§ **Exercise**: A verbatim copy of each record is required.

§ **Task data**:
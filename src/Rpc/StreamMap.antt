-- ===== src/Rpc/StreamMap.antt =====
-- The map of streams of rpc/wrtc_server_channel.go and rpc/wrtc_client_channel.go.
use goutils.Common.{
  ℕ, suc, ◌≤◌, ◌≡◌, refl, false, Option, none, some, List, [], ◌∷◌, if◌then◌else◌, ◌==◌, length,
  arith, if_both, All, Bool-cases, inl, inr, sym, ap, ◌∙◌, ◌<◌,
}

module _ {A : Type 0} where
  unfoldable pub get : List (ℕ × A) → ℕ → Option A
  get [] id = none
  get ((i, s) ∷ m) id = if i == id then some s else get m id

  unfoldable pub put : List (ℕ × A) → ℕ → A → List (ℕ × A)
  put [] id s = (id, s) ∷ []
  put ((i, t) ∷ m) id s = let rest = put m id s in if i == id then (id, s) ∷ m else (i, t) ∷ rest

  -- removeStreamByID
  unfoldable pub remove : List (ℕ × A) → ℕ → List (ℕ × A)
  remove [] id = []
  remove ((i, t) ∷ m) id = let rest = remove m id in if i == id then rest else (i, t) ∷ rest

  pub length-put : (m : List (ℕ × A)) (id : ℕ) (s : A) → length (put m id s) ≤ suc (length m)
  unfolding put
  length-put [] id s = ground arith
  length-put ((i, t) ∷ m) id s = ground (arith, length-put m id s)

  pub length-put_found :
      (m : List (ℕ × A)) (id : ℕ) (s t : A) → get m id ≡ some t → length (put m id s) ≡ length m
  unfolding put get
  length-put_found [] id s t h = absurd (cc)
  length-put_found ((i, u) ∷ m) id s t h = ground (arith, length-put_found m id s t)

  pub get-put : (m : List (ℕ × A)) (id : ℕ) (s : A) → get (put m id s) id ≡ some s
  unfolding put get
  get-put [] id s = ground arith
  get-put ((i, u) ∷ m) id s = ground (arith, get-put m id s)

  pub length-remove : (m : List (ℕ × A)) (id : ℕ) → length (remove m id) ≤ length m
  unfolding remove
  length-remove [] id = ground arith
  length-remove ((i, t) ∷ m) id = ground (arith, length-remove m id)

  pub get-put_other :
      (m : List (ℕ × A)) (id j : ℕ) (s : A) → (id == j) ≡ false → get (put m id s) j ≡ get m j
  unfolding put get
  get-put_other [] id j s h = ground arith
  get-put_other ((i, t) ∷ m) id j s h = ground (arith, get-put_other m id j s)

  pub get-remove_other :
      (m : List (ℕ × A)) (id j : ℕ) → (id == j) ≡ false → get (remove m id) j ≡ get m j
  unfolding remove get
  get-remove_other [] id j h = ground arith
  get-remove_other ((i, t) ∷ m) id j h = ground (arith, get-remove_other m id j)

  pub put-All :
      (P : ℕ × A → Type 0) (m : List (ℕ × A)) (id : ℕ) (s : A)
      → All P m
      → P (id, s)
      → All P (put m id s)
  unfolding put
  put-All P [] id s h p = (p, tt)
  put-All P ((i, t) ∷ m) id s (q, h) p = if_both (All P) (i == id) (p, h) (q, put-All P m id s h p)

  pub remove-All : (P : ℕ × A → Type 0) (m : List (ℕ × A)) (id : ℕ) → All P m → All P (remove m id)
  unfolding remove
  remove-All P [] id h = tt
  remove-All P ((i, t) ∷ m) id (q, h) =
      if_both (All P) (i == id) (remove-All P m id h) (q, remove-All P m id h)

  pub get-below :
      (n : ℕ) (m : List (ℕ × A)) (id : ℕ) (s : A)
      → All (λ x. x.0 ≤ n) m
      → get m id ≡ some s
      → id ≤ n
  unfolding get
  get-below n [] id s h e = absurd (cc)
  get-below n ((i, t) ∷ m) id s (q, h) e = elim (Bool-cases (i == id)) [
    | inl k ↦ ground (arith, q)
    | inr k ↦ get-below n m id s h (sym (ap (λ b. if b then some t else get m id) k) ∙ e)
  ]

  -- an id that is above all of them is not in the map
  pub get-above :
      (n : ℕ) (m : List (ℕ × A)) (id : ℕ) → All (λ x. x.0 ≤ n) m → n < id → get m id ≡ none
  unfolding get
  get-above n [] id h k = refl
  get-above n ((i, t) ∷ m) id (q, h) k = ground (arith, get-above n m id h k)

  pub remove_absent : (m : List (ℕ × A)) (id : ℕ) → get m id ≡ none → remove m id ≡ m
  unfolding get remove
  remove_absent [] id h = refl
  remove_absent ((i, t) ∷ m) id h = elim (Bool-cases (i == id)) [
    | inl k ↦ absurd (cc (sym (ap (λ b. if b then some t else get m id) k) ∙ h))
    | inr k ↦
        ap (λ b. if b then remove m id else (i, t) ∷ remove m id) k
        ∙ ap (λ l. (i, t) ∷ l)
            (remove_absent m id (sym (ap (λ b. if b then some t else get m id) k) ∙ h))
  ]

§ **Finished task**:
filename src/Rpc/StreamMap.antt
-- ===== src/Rpc/StreamMap.antt =====
-- The map of streams of rpc/wrtc_server_channel.go and rpc/wrtc_client_channel.go.
use goutils.Common.{
  ℕ, suc, ◌≤◌, ◌≡◌, refl, false, Option, none, some, List, [], ◌∷◌, if◌then◌else◌, ◌==◌, length,
  arith, if_both, All, Bool-cases, inl, inr, sym, ap, ◌∙◌, ◌<◌,
}

module _ {A : Type 0} where
  unfoldable pub get : List (ℕ × A) → ℕ → Option A
  get [] id = none
  get ((i, s) ∷ m) id = if i == id then some s else get m id

  unfoldable pub put : List (ℕ × A) → ℕ → A → List (ℕ × A)
  put [] id s = (id, s) ∷ []
  put ((i, t) ∷ m) id s = let rest = put m id s in if i == id then (id, s) ∷ m else (i, t) ∷ rest

  -- removeStreamByID
  unfoldable pub remove : List (ℕ × A) → ℕ → List (ℕ × A)
  remove [] id = []
  remove ((i, t) ∷ m) id = let rest = remove m id in if i == id then rest else (i, t) ∷ rest

  pub length-put : (m : List (ℕ × A)) (id : ℕ) (s : A) → length (put m id s) ≤ suc (length m)
  unfolding put
  length-put [] id s = ground arith
  length-put ((i, t) ∷ m) id s = ground (arith, length-put m id s)

  pub length-put_found :
      (m : List (ℕ × A)) (id : ℕ) (s t : A) → get m id ≡ some t → length (put m id s) ≡ length m
  unfolding put get
  length-put_found [] id s t h = absurd (cc)
  length-put_found ((i, u) ∷ m) id s t h = ground (arith, length-put_found m id s t)

  pub get-put : (m : List (ℕ × A)) (id : ℕ) (s : A) → get (put m id s) id ≡ some s
  unfolding put get
  get-put [] id s = ground arith
  get-put ((i, u) ∷ m) id s = ground (arith, get-put m id s)

  pub length-remove : (m : List (ℕ × A)) (id : ℕ) → length (remove m id) ≤ length m
  unfolding remove
  length-remove [] id = ground arith
  length-remove ((i, t) ∷ m) id = ground (arith, length-remove m id)

  pub get-put_other :
      (m : List (ℕ × A)) (id j : ℕ) (s : A) → (id == j) ≡ false → get (put m id s) j ≡ get m j
  unfolding put get
  get-put_other [] id j s h = ground arith
  get-put_other ((i, t) ∷ m) id j s h = ground (arith, get-put_other m id j s)

  pub get-remove_other :
      (m : List (ℕ × A)) (id j : ℕ) → (id == j) ≡ false → get (remove m id) j ≡ get m j
  unfolding remove get
  get-remove_other [] id j h = ground arith
  get-remove_other ((i, t) ∷ m) id j h = ground (arith, get-remove_other m id j)

  pub put-All :
      (P : ℕ × A → Type 0) (m : List (ℕ × A)) (id : ℕ) (s : A)
      → All P m
      → P (id, s)
      → All P (put m id s)
  unfolding put
  put-All P [] id s h p = (p, tt)
  put-All P ((i, t) ∷ m) id s (q, h) p = if_both (All P) (i == id) (p, h) (q, put-All P m id s h p)

  pub remove-All : (P : ℕ × A → Type 0) (m : List (ℕ × A)) (id : ℕ) → All P m → All P (remove m id)
  unfolding remove
  remove-All P [] id h = tt
  remove-All P ((i, t) ∷ m) id (q, h) =
      if_both (All P) (i == id) (remove-All P m id h) (q, remove-All P m id h)

  pub get-below :
      (n : ℕ) (m : List (ℕ × A)) (id : ℕ) (s : A)
      → All (λ x. x.0 ≤ n) m
      → get m id ≡ some s
      → id ≤ n
  unfolding get
  get-below n [] id s h e = absurd (cc)
  get-below n ((i, t) ∷ m) id s (q, h) e = elim (Bool-cases (i == id)) [
    | inl k ↦ ground (arith, q)
    | inr k ↦ get-below n m id s h (sym (ap (λ b. if b then some t else get m id) k) ∙ e)
  ]

  -- an id that is above all of them is not in the map
  pub get-above :
      (n : ℕ) (m : List (ℕ × A)) (id : ℕ) → All (λ x. x.0 ≤ n) m → n < id → get m id ≡ none
  unfolding get
  get-above n [] id h k = refl
  get-above n ((i, t) ∷ m) id (q, h) k = ground (arith, get-above n m id h k)

  pub remove_absent : (m : List (ℕ × A)) (id : ℕ) → get m id ≡ none → remove m id ≡ m
  unfolding get remove
  remove_absent [] id h = refl
  remove_absent ((i, t) ∷ m) id h = elim (Bool-cases (i == id)) [
    | inl k ↦ absurd (cc (sym (ap (λ b. if b then some t else get m id) k) ∙ h))
    | inr k ↦
        ap (λ b. if b then remove m id else (i, t) ∷ remove m id) k
        ∙ ap (λ l. (i, t) ∷ l)
            (remove_absent m id (sym (ap (λ b. if b then some t else get m id) k) ∙ h))
  ]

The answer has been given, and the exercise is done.